Graf Zeinfeld wunderte sich über die Reihe von Autos, die hier schon standen, während noch mehr vorfuhren, denen Schauspieler, Bühnenarbeiter, Regisseure, Kassierer entstiegen, aus denen reizende, hellgekleidete Frauen heraushüpften, um schnell, mit Wichtigkeit in Miene und Gebärde, im Portal unter den Arkaden zu verschwinden.
»Ich habe mir Ihre Erlaubnis, jegliche Mittel anzuwenden, gleich zunutze gemacht, Herr Graf. Während wir noch im Präsidium verhandelten, hat Braun die Direktion hier angerufen, sie solle telephonisch oder wie immer alle ihre Bühnenangehörigen und Theaterleute mit Auto herkommen lassen – so werden wir hoffentlich schnell unseren Zweck erreichen ...«
Der Graf drückte dem Doktor die Hand.
»Sie denken an alles, lieber Freund! Mein Gott, da werd' ich sie am Ende bald wieder haben!«
Wenn es möglich gewesen wäre, in des Kommissars Miene zu lesen, so wäre der Graf jetzt auf einen starken Zweifel gestoßen.

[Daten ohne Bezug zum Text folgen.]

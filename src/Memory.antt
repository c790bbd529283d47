-- ===== src/Memory.antt =====
-- include/apr/memory_tracker.hpp and src/core/memory_tracker.cpp: the gauges of memory in use. An
-- int64_t does not overflow here. The resident size of the process is what the system says.
use lightapr.Prelude.{ℕ, ◌/◌}
use lightapr.Prelude.Int.{ℤ, pos, negsuc, ◌+ℤ◌}

pub record MemoryTracker : Type 0 where
  pub registry_bytes : ℤ
  pub mqtt_rx_bytes : ℤ
  pub mqtt_tx_bytes : ℤ
  pub http_rx_bytes : ℤ
  pub http_tx_bytes : ℤ
  pub other_bytes : ℤ
  pub extra_bytes : ℤ

pub record MemoryStats : Type 0 where
  pub total_kb : ℕ
  pub registry_kb : ℕ
  pub mqtt_rx_kb : ℕ
  pub mqtt_tx_kb : ℕ
  pub http_rx_kb : ℕ
  pub http_tx_kb : ℕ
  pub other_kb : ℕ
  pub extra_kb : ℕ

unfoldable pub add_registry_bytes : MemoryTracker → ℤ → MemoryTracker
add_registry_bytes t bytes = record t { registry_bytes = t.registry_bytes +ℤ bytes }

unfoldable pub add_mqtt_rx_bytes : MemoryTracker → ℤ → MemoryTracker
add_mqtt_rx_bytes t bytes = record t { mqtt_rx_bytes = t.mqtt_rx_bytes +ℤ bytes }

unfoldable pub add_mqtt_tx_bytes : MemoryTracker → ℤ → MemoryTracker
add_mqtt_tx_bytes t bytes = record t { mqtt_tx_bytes = t.mqtt_tx_bytes +ℤ bytes }

unfoldable pub add_http_rx_bytes : MemoryTracker → ℤ → MemoryTracker
add_http_rx_bytes t bytes = record t { http_rx_bytes = t.http_rx_bytes +ℤ bytes }

unfoldable pub add_http_tx_bytes : MemoryTracker → ℤ → MemoryTracker
add_http_tx_bytes t bytes = record t { http_tx_bytes = t.http_tx_bytes +ℤ bytes }

unfoldable pub add_other_bytes : MemoryTracker → ℤ → MemoryTracker
add_other_bytes t bytes = record t { other_bytes = t.other_bytes +ℤ bytes }

unfoldable pub add_extra_bytes : MemoryTracker → ℤ → MemoryTracker
add_extra_bytes t bytes = record t { extra_bytes = t.extra_bytes +ℤ bytes }

-- `std::max<int64_t>(0, bytes / 1024)`
unfoldable pub to_kb : ℤ → ℕ
to_kb (pos n) = n / 1024
to_kb (negsuc n) = 0

unfoldable pub memory_stats : ℕ → MemoryTracker → MemoryStats
memory_stats process_rss_kb t = record {
  total_kb = process_rss_kb;
  registry_kb = to_kb t.registry_bytes;
  mqtt_rx_kb = to_kb t.mqtt_rx_bytes;
  mqtt_tx_kb = to_kb t.mqtt_tx_bytes;
  http_rx_kb = to_kb t.http_rx_bytes;
  http_tx_kb = to_kb t.http_tx_bytes;
  other_kb = to_kb t.other_bytes;
  extra_kb = to_kb t.extra_bytes;
}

Im Theater wurde natürlich zunächst der Direktor zu Rate gezogen. Er war ein ritterlicher, liebenswürdiger Herr, der in Ausdrücken einer fast übertriebenen Verehrung von Ilona Sebraczety sprach. Aber was und wer bei ihrem rätselhaften Verschwinden mitgewirkt hatte, darüber hatte er auch nicht die leiseste Vermutung.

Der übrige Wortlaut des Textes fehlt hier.